Ce choix est souvent pris par défaut, car il n’a que peu voire pas davantage.

Elle ne donne pas la possibilité de toucher le chômage. Cela vous permet de partir rapidement car votre projet est déjà lancé et n’attend plus que vous. Vous aviez anticipé en faisant quelques économies.

Néanmoins, la loi vous dispense d’effectuer votre préavis si vous êtes dans ce cas :

  • Démission suivant un congé pour création d'entreprise
  • Grossesse
  • Souhait d’élever son enfant après un congé parental

Vous devez donc informé votre employeur de votre projet.

Si vous ne souhaitez pas qu’il soit informé de votre projet et que vous avez envie d’avoir un préavis pour vous laisser le temps de finaliser la mise en place de votre projet, c’est possible.

La durée de votre préavis est souvent fixée par votre convention collective. Elle peut varier en fonction de votre ancienneté. Elle commence à partir du moment où vous informez votre employeur de votre souhait de démissionner sauf si vous avez présenté votre démission pendant un congé payé. Dans ce dernier cas, le préavis commence le jour de votre retour dans l'entreprise. Il est tout à fait possible que votre employeur vous propose de partir sans effectuer de préavis. Si ce n'est pas le cas, vous pouvez aussi lui demander vous-même. Libre à lui de l'accepter. Il devra dans ce cas le signifier par écrit.

Renseignez-vous donc sur cette durée de préavis avant d'entreprendre les démarches.

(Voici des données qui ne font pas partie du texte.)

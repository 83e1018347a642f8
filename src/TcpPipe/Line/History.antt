-- ===== src/TcpPipe/Line/History.antt =====
-- One side of a tcp_pipe_endpoint over a history of events: the bytes and the messages.
use common.Base.{
  ℕ, ◌≡◌, refl, sym, ap, ◌∙◌, List, [], ◌∷◌, ◌++◌, append-nil, append_assoc, length, Option, none,
  some, true, false, ok, bind_ok, ok_injective, subst,
}
use common.TcpPipe.Endpoint.{
  OperationData, Side, Timer, Socket, ErrorCode, operation_aborted, Turn, on_header_operation,
  on_payload_operation, add_operation, emplace_front, start_timer, with_bytes,
}
use common.TcpPipe.Line.{
  Phase, in_header, in_payload, phase_of, Medium, World, Step, asks, handles, times_out,
  socket_changes, Reach, here, next, filled, handle, completed, after, either_flight, idle_line,
}
use common.TcpPipe.Line.Framed.{frames, Laws, Waiting, Lined, Fits, start_header-Fits}
use common.TcpPipe.Line.Framed.Handlers.{after_header-Fits, after_payload-Fits}
use common.TcpPipe.Line.Framed.Timeouts.{on_timeout-Lined, closes-Lined}

module _ {B R : Type 0} (m : Medium B R) (frame : List ℕ → List ℕ) (l : Laws m frame) where
  abbrev pub IsLine : World B → Type 0
  IsLine w = Lined m frame l w.operations w.socket.is_open w.in_flight w.stream w.done

  Waiting-append :
      (ds : List (OperationData B)) (d : OperationData B)
      → Waiting m frame l ds
      → l.Good d.op.progress × (l.held d.op.progress ≡ [])
      → Waiting m frame l (ds ++ d ∷ [])
  Waiting-append [] d w g = (g, tt)
  Waiting-append (d' ∷ ds) d w g = (w.0, Waiting-append ds d w.1 g)

  -- A new operation starts at once on an idle line, and waits on a busy one.
  emplace_front-Lined :
      (ops : List (OperationData B)) (d : OperationData B) (t : Timer) (s : Socket)
      (in_flight : Option Phase) (stream : List ℕ) (done : List (List ℕ)) (turn : Turn B R)
      → s.is_open ≡ true
      → l.Good d.op.progress × (l.held d.op.progress ≡ [])
      → Lined m frame l ops s.is_open in_flight stream done
      → emplace_front m.kind ops d t s ≡ ok turn
      → Lined m frame l turn.operations turn.socket.is_open
          (either_flight (phase_of turn.started) in_flight)
          stream
          done
  emplace_front-Lined [] d t s none stream done turn up g x h =
      same_flight (phase_of turn.started) (
        start_header-Fits m frame l d [] t s turn stream done
          (x.line ∙ ap (λ r. frames frame done ++ r) (x.end up ∙ sym g.1)) (g.0, tt) h)
    where
      same_flight :
          (p : Option Phase)
          → Lined m frame l turn.operations turn.socket.is_open p stream done
          → Lined m frame l turn.operations turn.socket.is_open (either_flight p none) stream done
      same_flight none x = x
      same_flight (some p) x = x
  emplace_front-Lined [] d t s (some p) stream done turn up g x h = absurd x.flight
  emplace_front-Lined (d' ∷ ds) d t s none stream done turn up g x h = absurd x.flight
  emplace_front-Lined (d' ∷ ds) d t s (some p) stream done turn up g x h =
      subst
        (λ (u : Turn B R).
          Lined m frame l u.operations u.socket.is_open
            (either_flight (phase_of u.started) (some p)) stream done)
        (ok_injective h)
        (record {
          tail = x.tail;
          line = x.line;
          partial = x.partial;
          end = x.end;
          operations = (x.operations.0, Waiting-append ds d x.operations.1 g);
          flight = x.flight;
        })

  add_operation-Lined :
      (side : Side) (timeout : Option ℕ) (promise id : ℕ) (b : B) (w : World B) (turn : Turn B R)
      → m.Starts b
      → w.socket.is_open ≡ true
      → IsLine w
      → add_operation m.kind side timeout promise b id w.operations w.timer w.socket ≡ ok turn
      → IsLine (
          after m w turn
            (either_flight (phase_of turn.started) w.in_flight)
            w.stream
            w.done
            (w.issued ++ promise ∷ []))
  unfolding add_operation
  add_operation-Lined side timeout promise id b w turn starts up x h =
      let ((timer_id, t), _, f) =
        bind_ok (start_timer timeout (record { side = side; id = id }) w.timer) _ h in
      let d : OperationData B = record {
        id = id;
        op = record { progress = b; m_is_promise_resolved = false; m_promise = promise };
        timer_id = timer_id;
      } in
      let y =
        emplace_front-Lined w.operations d t w.socket w.in_flight w.stream w.done turn up
          (l.starts b starts) x f in
      record {
        tail = y.tail;
        line = y.line;
        partial = y.partial;
        end = y.end;
        operations = y.operations;
        flight = y.flight;
      }

  handle-Fits :
      (phase : Phase) (ec : ErrorCode) (bytes : List ℕ) (d : OperationData B)
      (ds : List (OperationData B)) (t : Timer) (s : Socket) (stream : List ℕ)
      (done : List (List ℕ)) (turn : Turn B R)
      → Lined m frame l (d ∷ ds) s.is_open (some phase) stream done
      → m.Moves phase d.op.progress bytes
      → (ec ≡ operation_aborted → s.is_open ≡ false)
      → handle m phase ec (length bytes) (filled m phase bytes d ∷ ds) t s ≡ ok turn
      → Fits m frame l
          (stream ++ bytes)
          (done
            ++ completed m phase ec
                (m.kind.add_bytes (length bytes) (m.fill phase bytes d.op.progress)))
          turn
  unfolding on_header_operation on_payload_operation
  handle-Fits in_header ec bytes d ds t s stream done turn x moves shut h =
      let (good, grown) =
        l.moves_header d.op.progress x.flight.0 bytes x.operations.0 x.flight.1 moves in
      rw (append-nil done) (
        after_header-Fits m frame l ec
          (with_bytes m.kind (length bytes) (filled m in_header bytes d)) ds t s turn
          (stream ++ bytes) done shut
          (ap (λ r. r ++ bytes) (x.line ∙ ap (λ r. frames frame done ++ r) x.end)
            ∙ append_assoc (frames frame done) (l.held d.op.progress) bytes
            ∙ ap (λ r. frames frame done ++ r) (sym grown))
          (good, x.operations.1) h)
  handle-Fits in_payload ec bytes d ds t s stream done turn x moves shut h =
      let (good, grown) =
        l.moves_payload d.op.progress x.flight.0 bytes x.operations.0 x.flight.1 moves in
      after_payload-Fits m frame l ec
        (with_bytes m.kind (length bytes) (filled m in_payload bytes d)) ds t s turn
        (stream ++ bytes) done shut
        (ap (λ r. r ++ bytes) (x.line ∙ ap (λ r. frames frame done ++ r) x.end)
          ∙ append_assoc (frames frame done) (l.held d.op.progress) bytes
          ∙ ap (λ r. frames frame done ++ r) (sym grown))
        (good, x.operations.1) h

  Step-IsLine : {w u : World B} → Step m w u → IsLine w → IsLine u
  Step-IsLine {w} (asks side timeout promise id b turn starts up h e) x =
      subst IsLine (sym e) (add_operation-Lined side timeout promise id b w turn starts up x h)
  Step-IsLine {w} (handles phase ec bytes d ds turn f g moves shut h e) x = subst IsLine (sym e) (
      handle-Fits phase ec bytes d ds w.timer w.socket w.stream w.done turn
        (subst (λ o. Lined m frame l o w.socket.is_open (some phase) w.stream w.done) g
          (subst (λ p. Lined m frame l w.operations w.socket.is_open p w.stream w.done) f x))
        moves shut h)
  Step-IsLine {w} (times_out id e) x =
      subst IsLine (sym e)
        (on_timeout-Lined m frame l id w.operations w.socket w.in_flight w.stream w.done x)
  Step-IsLine {w} (socket_changes s t shut e) x = subst IsLine (sym e) (
      closes-Lined m frame l w.operations w.socket.is_open s.is_open w.in_flight w.stream w.done
        shut x)

  -- Over any history of one side, from an idle line: the bytes that have gone through the socket
  -- are the frames of the messages that it has completed, in order, and then what the operation in
  -- progress has moved of its own frame.
  pub Reach-IsLine : (t : Timer) (s : Socket) {w : World B} → Reach m (idle_line t s) w → IsLine w
  Reach-IsLine t s here = record {
    tail = [];
    line = refl;
    partial = l.nothing;
    end = λ o. refl;
    operations = tt;
    flight = tt;
  }
  Reach-IsLine t s (next r step) = Step-IsLine step (Reach-IsLine t s r)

Vous pouvez démissionner si vous créez votre entreprise en respectant toutes les formalités légales de publicité. Vous avez droit aux indemnités si votre activité cesse pour des raisons indépendantes de votre volonté dans un délai de 36 mois. Néanmoins, pour être dans ce cas, vous avez intérêt à demander un congé pour création d’entreprise.

Ce dispositif est donc à prendre avec des pincettes, il faut qu’elle soit mûrement réfléchi même si on peut toujours rebondir et tenter de retrouver un emploi similaire au sien.

L’abandon de poste

Vous pouvez abandonner votre poste pour bénéficier des droits au chômage. C’est un dispositif risqué en fonction du contexte de votre entreprise. Néanmoins, il a le mérite d’exister, certaines entreprises n’acceptant pas de faire des ruptures conventionnelles proposent de faire un abandon de poste. Soyez vigilant et obtenez un minimum de garantie de leur part pour vous lancer dans ce dispositif.

Qu’est-ce que c’est et comment ça fonctionne ?

L'abandon de poste se caractérise par une sortie non autorisée par l'employeur ou par des absences injustifiées et répétées pendant les heures de travail.

Il ne faut plus se présenter à votre poste de travail, ne donner aucune raison, ni justificatif, il faut faire « le disparu » pendant plusieurs jours, semaines. L'employeur vous adressera en lettre recommandé avec accusé de réception une mise en demeure de reprendre votre travail.

Il ne faut donc pas répondre à ce ou ces courriers et continuer « à faire le disparu ». A défaut de retour de votre part, l'employeur peut déclencher une procédure disciplinaire.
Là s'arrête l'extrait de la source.